ICTS

Class field theory describes abelian extensions of a number field in terms of data intrinsic to the field. Hilbert’s 12th problem, or explicit class field theory, goes further and asks for explicit generators of abelian extensions of a number field as values of analytic functions. Stark’s conjectures provide a different perspective by postulating existence of special elements, now called Stark units, related to leading terms of L-functions at s=0 and generating abelian extensions of a number field. In this talk we will first review classical results on explicit class field theory for the field of rational numbers and imaginary quadratic fields. Next we review Stickelberger’s theorem on annihilation of class groups of abelian extensions of the field of rational numbers. Brumer-Stark conjecture is an analogue of Stickelberger’s theorem for arbitrary totally real fields.
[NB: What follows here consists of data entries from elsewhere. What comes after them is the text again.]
-- ===== src/Runner/Delivery.antt =====
-- internal/runner/runner.go, runOneWithTelemetry: when a case is delivered, and within how many attempts.
use dittobench_api.Base.{
  ℕ, zero, suc, ◌+◌, ◌<◌, ◌≤◌, Bool, true, false, Option, none, some, List, [], ◌∷◌, ◌++◌, ◌≡◌, ◌↔◌,
  ◌∙◌, refl, sym, ap, subst, arith, ltb, leb, ◌&&◌, ◌||◌, ◌==◌, nat_eq, if◌then◌else◌, Bool-cases,
  inl, inr, String,
}
use native.Mathlib.Decide.{ℕ_discrete}
use dittobench_api.Runner.{
  Context, live, expired, cancelled, Exchange, unbuilt, unsent, unread, answered, Tried, delivered,
  failed, run_attempt, AttemptTelemetry, is_live, World, Ran, finish_case, succeed, pause_before,
  attempt_from, run_one_with_telemetry,
}

-- The attempts of a case: one at least, whatever the setting is.
abbrev pub attempts_of : ℕ → ℕ
attempts_of run_attempts = if ltb run_attempts 1 then 1 else run_attempts

module _ {Response : Type 0} where
  -- The response of an exchange: a success whose body can be decoded.
  abbrev pub reply : Exchange Response → Option Response
  reply (answered status body) = if leb 200 status && ltb status 300 then body else none
  reply _ = none

  -- The faults that may pass: the harness was not reached or not understood while there was time, or it
  -- answered 429 or a server error.
  abbrev pub may_pass : Exchange Response → Bool
  may_pass unbuilt = false
  may_pass (unsent c) = is_live c
  may_pass (unread c status) = is_live c
  may_pass (answered status body) = status == 429 || leb 500 status

  abbrev tried_of : Option Response → Bool → Tried Response
  tried_of (some r) again = delivered r
  tried_of none again = failed again

  answered-tried :
      (duration status : ℕ) (body : Option Response)
      → (run_attempt duration (answered status body)).0
        ≡ tried_of (reply (answered status body)) (may_pass (answered status body))
  unfolding run_attempt
  answered-tried duration status none = ground arith
  answered-tried duration status (some r) = ground arith

  run_attempt-tried :
      (duration : ℕ) (x : Exchange Response)
      → (run_attempt duration x).0 ≡ tried_of (reply x) (may_pass x)
  unfolding run_attempt
  run_attempt-tried duration unbuilt = refl
  run_attempt-tried duration (unsent c) = refl
  run_attempt-tried duration (unread c status) = refl
  run_attempt-tried duration (answered status body) = answered-tried duration status body

  -- What an attempt makes of the response of the later ones.
  abbrev pick : Context → Option Response → Bool → Option Response → Option Response
  pick live (some r) again rest = some r
  pick live none again rest = if again then rest else none
  pick expired o again rest = none
  pick cancelled o again rest = none

  may_pass-reply : (x : Exchange Response) → may_pass x ≡ true → reply x ≡ none
  may_pass-reply unbuilt h = refl
  may_pass-reply (unsent c) h = refl
  may_pass-reply (unread c status) h = refl
  may_pass-reply (answered status body) h = ground (arith, h)

module _ {Response : Type 0} (world : World Response) where
  -- What follows an attempt, after the pause before it.
  abbrev after :
      Context
      → Tried Response
      → AttemptTelemetry
      → List AttemptTelemetry
      → List AttemptTelemetry
      → Ran Response
      → Ran Response
  after c t seen attempts done rest = elim c [
    | live ↦ elim t [
      | delivered r ↦ succeed world r attempts
      | failed retryable ↦ if retryable then rest else finish_case world seen.outcome attempts
    ]
    | expired ↦ finish_case world "timeout" done
    | cancelled ↦ finish_case world "cancelled" done
  ]

  pick-response :
      (c : Context) (o : Option Response) (again : Bool) (seen : AttemptTelemetry)
      (attempts done : List AttemptTelemetry) (rest : Ran Response)
      → (after c (tried_of o again) seen attempts done rest).response ≡ pick c o again rest.response
  unfolding finish_case succeed
  pick-response live (some r) again seen attempts done rest = refl
  pick-response live none true seen attempts done rest = refl
  pick-response live none false seen attempts done rest = refl
  pick-response expired o again seen attempts done rest = refl
  pick-response cancelled o again seen attempts done rest = refl

  pick-tried :
      (t : Tried Response) (c : Context) (o : Option Response) (again : Bool)
      (seen : AttemptTelemetry) (attempts done : List AttemptTelemetry) (rest : Ran Response)
      → t ≡ tried_of o again
      → (after c t seen attempts done rest).response ≡ pick c o again rest.response
  pick-tried t c o again seen attempts done rest e =
      ap (λ u. Ran.response (after c u seen attempts done rest)) e
      ∙ pick-response c o again seen attempts done rest

  attempt_from-pick :
      (left attempt : ℕ) (done : List AttemptTelemetry) (last : String)
      → (next : List AttemptTelemetry) × (outcome : String) × ((attempt_from world
            (suc left)
            attempt
            done
            last).response
          ≡ pick
              (pause_before world attempt)
              (reply (world.exchange attempt))
              (may_pass (world.exchange attempt))
              (attempt_from world left (attempt + 1) next outcome).response)
  unfolding attempt_from
  attempt_from-pick left attempt done last =
      let x = world.exchange attempt in
      let seen = (run_attempt (world.duration attempt) x).1 in
      let attempts = done ++ record seen { attempt = attempt + 1 } ∷ [] in
      let rest = attempt_from world left (attempt + 1) attempts seen.outcome in
      (
        attempts,
        seen.outcome,
        pick-tried (run_attempt (world.duration attempt) x).0 (pause_before world attempt) (reply x)
            (may_pass x) seen attempts done rest (run_attempt-tried (world.duration attempt) x),
      )

  -- A response arrives from an attempt on: at one of those that are left, before which every attempt met
  -- a fault that may pass, with time left at each.
  pub record Arrives (r : Response) (left attempt : ℕ) : Type 0 where
    pub number : ℕ
    pub from : attempt ≤ number
    pub within : number < attempt + left
    pub answer : reply (world.exchange number) ≡ some r
    pub passed : (j : ℕ) → attempt ≤ j → j < number → may_pass (world.exchange j) ≡ true
    pub in_time : (j : ℕ) → attempt ≤ j → j ≤ number → pause_before world j ≡ live

  Arrives-suc :
      (r : Response) (left attempt : ℕ)
      → pause_before world attempt ≡ live
      → may_pass (world.exchange attempt) ≡ true
      → Arrives r left (attempt + 1)
      → Arrives r (suc left) attempt
  Arrives-suc r left attempt alive again a = record {
    number = a.number;
    from = omega (arith, a.from);
    within = omega (arith, a.within);
    answer = a.answer;
    passed = λ j from before. elim (ℕ_discrete j attempt) [
      | yes same ↦ subst (λ i. may_pass (world.exchange i) ≡ true) (sym same) again
      | no other ↦ a.passed j (omega (arith, from, other)) before
    ];
    in_time = λ j from before. elim (ℕ_discrete j attempt) [
      | yes same ↦ subst (λ i. pause_before world i ≡ live) (sym same) alive
      | no other ↦ a.in_time j (omega (arith, from, other)) before
    ];
  }

  Arrives-now :
      (r : Response) (left attempt : ℕ)
      → pause_before world attempt ≡ live
      → reply (world.exchange attempt) ≡ some r
      → Arrives r (suc left) attempt
  Arrives-now r left attempt alive answer = record {
    number = attempt;
    from = omega arith;
    within = omega arith;
    answer = answer;
    passed = λ j from before. ground (arith, from, before);
    in_time = λ j from before.
        subst (λ i. pause_before world i ≡ live) (omega (arith, from, before)) alive;
  }

  Arrives-pick :
      (r : Response) (left attempt : ℕ) (c : Context) (o : Option Response) (again : Bool)
      (rest : Option Response)
      → pause_before world attempt ≡ c
      → reply (world.exchange attempt) ≡ o
      → may_pass (world.exchange attempt) ≡ again
      → (rest ≡ some r → Arrives r left (attempt + 1))
      → pick c o again rest ≡ some r
      → Arrives r (suc left) attempt
  Arrives-pick r left attempt live (some q) again rest alive answer faulty later h =
      Arrives-now r left attempt alive (answer ∙ h)
  Arrives-pick r left attempt live none true rest alive answer faulty later h =
      Arrives-suc r left attempt alive faulty (later h)
  Arrives-pick r left attempt live none false rest alive answer faulty later h = ground (arith, h)
  Arrives-pick r left attempt expired o again rest alive answer faulty later h = ground (arith, h)
  Arrives-pick r left attempt cancelled o again rest alive answer faulty later h = ground (arith, h)

  attempt_from-Arrives :
      (r : Response) (left attempt : ℕ) (done : List AttemptTelemetry) (last : String)
      → (attempt_from world left attempt done last).response ≡ some r
      → Arrives r left attempt
  unfolding attempt_from finish_case
  attempt_from-Arrives r zero attempt done last h = ground (arith, h)
  attempt_from-Arrives r (suc left) attempt done last h =
      let (next, outcome, e) = attempt_from-pick left attempt done last in
      Arrives-pick r left attempt (pause_before world attempt) (reply (world.exchange attempt))
        (may_pass (world.exchange attempt))
        (attempt_from world left (attempt + 1) next outcome).response refl refl refl
        (attempt_from-Arrives r left (attempt + 1) next outcome) (sym e ∙ h)

  pick-now :
      (c : Context) (o : Option Response) (again : Bool) (rest : Option Response) (r : Response)
      → c ≡ live
      → o ≡ some r
      → pick c o again rest ≡ some r
  pick-now c o again rest r alive answer = rw (alive, answer) refl

  pick-later :
      (c : Context) (o : Option Response) (again : Bool) (rest : Option Response) (r : Response)
      → c ≡ live
      → o ≡ none
      → again ≡ true
      → rest ≡ some r
      → pick c o again rest ≡ some r
  pick-later c o again rest r alive none_yet faulty later = rw (alive, none_yet, faulty) later

  Arrives-attempt_from :
      (r : Response) (left attempt : ℕ) (done : List AttemptTelemetry) (last : String)
      → Arrives r left attempt
      → (attempt_from world left attempt done last).response ≡ some r
  Arrives-attempt_from r zero attempt done last a = ground (arith, a.from, a.within)
  Arrives-attempt_from r (suc left) attempt done last a =
      let (next, outcome, e) = attempt_from-pick left attempt done last in
      let c = pause_before world attempt in
      let x = world.exchange attempt in
      let rest = (attempt_from world left (attempt + 1) next outcome).response in
      let alive = a.in_time attempt (omega arith) a.from in
      e ∙ elim (ℕ_discrete a.number attempt) [
        | yes first ↦
            pick-now c (reply x) (may_pass x) rest r alive
              (ap (λ i. reply (world.exchange i)) (sym first) ∙ a.answer)
        | no later ↦
            let again = a.passed attempt (omega arith) (omega (arith, a.from, later)) in
            let more : Arrives r left (attempt + 1) = record {
              number = a.number;
              from = omega (arith, a.from, later);
              within = omega (arith, a.within);
              answer = a.answer;
              passed = λ j from before. a.passed j (omega (arith, from)) before;
              in_time = λ j from before. a.in_time j (omega (arith, from)) before;
            } in
            pick-later c (reply x) (may_pass x) rest r alive (may_pass-reply x again) again
              (Arrives-attempt_from r left (attempt + 1) next outcome more)
      ]

  -- A case is delivered exactly when its request can be encoded and one of its attempts, of which there
  -- are as many as the setting says and at least one, is answered by a success that can be decoded,
  -- after attempts that all met a fault that may pass and pauses that all ended in time. It is
  -- the first such answer that is delivered.
  pub delivered_iff :
      (run_attempts : ℕ) (r : Response)
      → ((run_one_with_telemetry world run_attempts).response ≡ some r)
        ↔ ((world.encoded ≡ true) × Arrives r (attempts_of run_attempts) 0)
  unfolding run_one_with_telemetry finish_case
  delivered_iff run_attempts r = elim (Bool-cases world.encoded) [
    | inl encoded ↦ (
      λ h. (
        encoded,
        attempt_from-Arrives r (attempts_of run_attempts) 0 [] "retry_exhausted"
            (ground (arith, h, encoded)),
      ),
      λ both.
          rw encoded
            (Arrives-attempt_from r (attempts_of run_attempts) 0 [] "retry_exhausted" both.1),
    )
    | inr unencoded ↦ (λ h. ground (arith, h, unencoded), λ both. ground (arith, both.0, unencoded))
  ]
We will see the statement of this conjecture along with its refinements and our results towards them. We prove these conjectures away from p=2 Brumer-Stark conjecture gives existence of special elements called Brumer-Stark units. These generate abelian extensions of a totally real number field. A conjecture by one of us gives p-adic analytic formulae for Brumer-Stark units. We will discuss this conjecture. Our recent work proves this conjecture away from p=2 thus providing a p-adic analytic solution to Hilbert’s 12th problem for totally real number fields. We will end with a brief sketch of our proofs.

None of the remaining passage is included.